In the present embodiment, the case where the gap 141 is provided between the projection 140 and the front wall 100a of the lower container 100 has been described, but the projection 140 may be provided so as to abut against the front wall 100a of the lower container 100 without the user applying force to the heat insulation door 110, or a member having cushioning property may be provided in the gap 141. When the buffer member is provided in the gap 141, the door opening force required to open the heat insulation door 110 can be greatly reduced, and the impact when the projection 140 comes into contact with the front wall 100a of the lower container 100 can be alleviated.

Claims (6)

1. A refrigerator, the refrigerator comprising:

a refrigerator main body provided with a storage chamber having a front opening inside;

a push-pull door for closing a front surface opening of the storage chamber;

a container support fixed to the storage chamber side of the door;

an inner box rail fixed to the storage chamber and supporting the container support body so as to be slidable in a front-rear direction; and

a storage container supported by the container support body and stored in the storage chamber so as to be capable of being pulled out together with the door,

it is characterized in that the method comprises the steps of,

the door is provided with:

a grip portion disposed above a position where the container support is fixed; and

a protrusion provided below a position where the container support is fixed and protruding from the storage chamber side of the door toward the front wall of the storage container,

the refrigerator is provided with: a sealing member provided between the refrigerator main body and the door and sealing between the front surface opening of the storage chamber and the door; and a gap formed between the protrusion and a front wall of the receiving container,

when the front surface opening is closed by the door and the grip is pulled forward, the upper portion of the door moves forward, the lower portion of the door moves rearward, and the projection contacts the front wall of the container.

2. The refrigerator according to claim 1, wherein,

the container support is fixed at a position lower than the central part of the door in the vertical direction.

3. The refrigerator according to claim 1 or 2, wherein,

the upper side of the protrusion is provided with: an inclined surface inclined downward toward the rear side.

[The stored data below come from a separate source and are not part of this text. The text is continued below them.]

-- ===== src/Nw/Entries.antt =====
-- How each change of the network shows in its entries.
use motorola_external_greybu.Prelude.{
  ℕ, ◌≡◌, ◌⊎◌, inl, inr, Bool, true, false, Option, none, some, List, arith, Option-cases, ◌==◌,
  ◌&&◌, if◌then◌else◌,
}
use motorola_external_greybu.Prelude.Maps.{
  lookup, insert, erase, map_values, lookup-insert, lookup-erase, lookup-map_values,
}
use motorola_external_greybu.Nw.Defs.{
  Network, CportSet, Dest, empty_dest, find_dest, with_tree, with_dest, undo_dest, need_dest,
  set_filter, set_dest, get_dl_device,
}
use mathlib.Core.Option

-- The entry of a tree that stands at an interface.
abbrev tree_dest : Network → ℕ → ℕ → (List (ℕ × Dest) → List (ℕ × Dest)) → Option Dest
tree_dest n i c g = elim (lookup i n.interfaces) [ none ↦ none | some set ↦ lookup c (g set.tree) ]

pub find_dest-with_tree :
    (n : Network) (i i' c' : ℕ) (g : List (ℕ × Dest) → List (ℕ × Dest))
    → find_dest (with_tree n i g) i' c'
      ≡ (if i == i' then tree_dest n i c' g else find_dest n i' c')
unfolding find_dest with_tree
find_dest-with_tree n i i' c' g = elim (Option-cases (lookup i n.interfaces)) [
  | inl e ↦ ground arith
  | inr (set, e) ↦
      ground (arith, lookup-insert i i' (record set { tree = g set.tree }) n.interfaces)
]

-- A change of one entry shows at that entry only.
pub find_dest-with_dest :
    (n : Network) (i c i' c' : ℕ) (f : Dest → Dest)
    → find_dest (with_dest n i c f) i' c'
      ≡ (if (i == i') && (c == c') then Option.map f (find_dest n i c) else find_dest n i' c')
unfolding with_dest find_dest
find_dest-with_dest n i c i' c' f = elim (Option-cases (lookup i n.interfaces)) [
  | inl e ↦ ground (
    arith,
    find_dest-with_tree n i i' c'
        (λ tree. elim (lookup c tree) [ none ↦ tree | some d ↦ insert c (f d) tree ]),
  )
  | inr (set, e) ↦ elim (Option-cases (lookup c set.tree)) [
    | inl k ↦ ground (
      arith,
      find_dest-with_tree n i i' c'
          (λ tree. elim (lookup c tree) [ none ↦ tree | some d ↦ insert c (f d) tree ]),
    )
    | inr (d, k) ↦ ground (
      arith,
      find_dest-with_tree n i i' c'
          (λ tree. elim (lookup c tree) [ none ↦ tree | some d ↦ insert c (f d) tree ]),
      lookup-insert c c' (f d) set.tree,
    )
  ]
]

-- The filter's change shows at every entry.
pub find_dest-set_filter :
    (n : Network) (p : ℕ) (v : Bool) (i c : ℕ)
    → find_dest (set_filter n p v) i c ≡ Option.map (set_dest p v) (find_dest n i c)
unfolding find_dest set_filter
find_dest-set_filter n p v i c = elim (Option-cases (lookup i n.interfaces)) [
  | inl e ↦ ground (
    arith,
    lookup-map_values (λ (set : CportSet). record set { tree = map_values (set_dest p v) set.tree })
        i n.interfaces,
  )
  | inr (set, e) ↦ ground (
    arith,
    lookup-map_values (λ (set : CportSet). record set { tree = map_values (set_dest p v) set.tree })
        i n.interfaces,
    lookup-map_values (set_dest p v) c set.tree,
  )
]

-- An entry that is there after one was taken out was there before.
pub find_dest-undo_dest :
    (n : Network) (i c : ℕ) (b : Bool) (i' c' : ℕ) (d : Dest)
    → find_dest (undo_dest n i c b) i' c' ≡ some d
    → find_dest n i' c' ≡ some d
unfolding undo_dest find_dest
find_dest-undo_dest n i c false i' c' d h = h
find_dest-undo_dest n i c true i' c' d h = elim (Option-cases (lookup i n.interfaces)) [
  | inl e ↦ ground (arith, find_dest-with_tree n i i' c' (erase c))
  | inr (set, e) ↦
      ground (arith, find_dest-with_tree n i i' c' (erase c), lookup-erase c c' set.tree)
]

-- An entry that is there after one was asked for was there before, or is new and empty.
pub find_dest-need_dest :
    (n n' : Network) (i c : ℕ) (a b : Bool) (i' c' : ℕ) (d : Dest)
    → need_dest n i c a ≡ some (n', b)
    → find_dest n' i' c' ≡ some d
    → (find_dest n i' c' ≡ some d) ⊎ (d ≡ empty_dest)
unfolding need_dest find_dest
find_dest-need_dest n n' i c a b i' c' d e h = elim (Option-cases (lookup i n.interfaces)) [
  | inl k ↦ ground (arith, find_dest-with_tree n i i' c' (insert c empty_dest))
  | inr (set, k) ↦ elim (Option-cases (lookup c set.tree)) [
    | inr (x, m) ↦ inl (ground arith)
    | inl m ↦ ground (
      arith,
      find_dest-with_tree n i i' c' (insert c empty_dest),
      lookup-insert c c' empty_dest set.tree,
    )
  ]
]

-- The filters are no part of the tree.
pub filters-with_dest :
    (n : Network) (i c : ℕ) (f : Dest → Dest) → (with_dest n i c f).filters ≡ n.filters
unfolding with_dest with_tree
filters-with_dest n i c f = ground arith

pub filters-undo_dest : (n : Network) (i c : ℕ) (b : Bool) → (undo_dest n i c b).filters ≡ n.filters
unfolding undo_dest with_tree
filters-undo_dest n i c b = ground arith

pub filters-need_dest :
    (n n' : Network) (i c : ℕ) (a b : Bool)
    → need_dest n i c a ≡ some (n', b)
    → n'.filters ≡ n.filters
unfolding need_dest with_tree
filters-need_dest n n' i c a b h = ground arith

-- The entry that was asked for is there, as before or empty.
pub find_dest-need_self :
    (n n' : Network) (i c : ℕ) (a b : Bool) (dev : ℕ)
    → get_dl_device n i ≡ some dev
    → need_dest n i c a ≡ some (n', b)
    → ((find_dest n i c ≡ none) × (find_dest n' i c ≡ some empty_dest))
      ⊎ ((d : Dest) × (find_dest n i c ≡ some d) × (n' ≡ n))
unfolding need_dest find_dest get_dl_device
find_dest-need_self n n' i c a b dev g h = elim (Option-cases (lookup i n.interfaces)) [
  | inl k ↦ absurd (ground arith)
  | inr (set, k) ↦ elim (Option-cases (lookup c set.tree)) [
    | inr (x, m) ↦ inr (x, ground arith, ground arith)
    | inl m ↦ inl (
      ground arith,
      ground (
        arith,
        find_dest-with_tree n i i c (insert c empty_dest),
        lookup-insert c c empty_dest set.tree,
      ),
    )
  ]
]

-- Asking for an entry changes no entry that is there.
pub find_dest-need_keeps :
    (n n' : Network) (i c : ℕ) (a b : Bool) (i' c' : ℕ) (d : Dest)
    → need_dest n i c a ≡ some (n', b)
    → find_dest n i' c' ≡ some d
    → find_dest n' i' c' ≡ some d
unfolding need_dest find_dest
find_dest-need_keeps n n' i c a b i' c' d e h = elim (Option-cases (lookup i n.interfaces)) [
  | inl k ↦ ground (arith, find_dest-with_tree n i i' c' (insert c empty_dest))
  | inr (set, k) ↦ elim (Option-cases (lookup c set.tree)) [
    | inr (x, m) ↦ ground arith
    | inl m ↦ ground (
      arith,
      find_dest-with_tree n i i' c' (insert c empty_dest),
      lookup-insert c c' empty_dest set.tree,
    )
  ]
]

4. A refrigerator according to any one of claims 1 to 3, wherein,

the storage room is sequentially provided with an upper container, a middle container and a lower container from the upper part,

the lower container is the storage container which is provided with the largest size in the up-down direction and is supported by the container support body,

the upper container is larger than the middle container in the up-down direction and is supported on the inner wall of the storage chamber.

5. The refrigerator according to any one of claims 1 to 4, wherein,

the storage room is sequentially provided with an upper container, a middle container and a lower container from the upper part,

the lower container is the storage container which is provided with the largest size in the up-down direction and is supported by the container support body,

the upper container and the upper end of the front wall of at least one of the middle container are provided with: and a flange portion inclined downward as going forward.

6. The refrigerator according to claim 5, wherein,

the door is provided with a heat insulating material arranged inside,

the thickness of the heat insulating material in front of the flange portion is greater than the thickness of the heat insulating material in front of the lower container.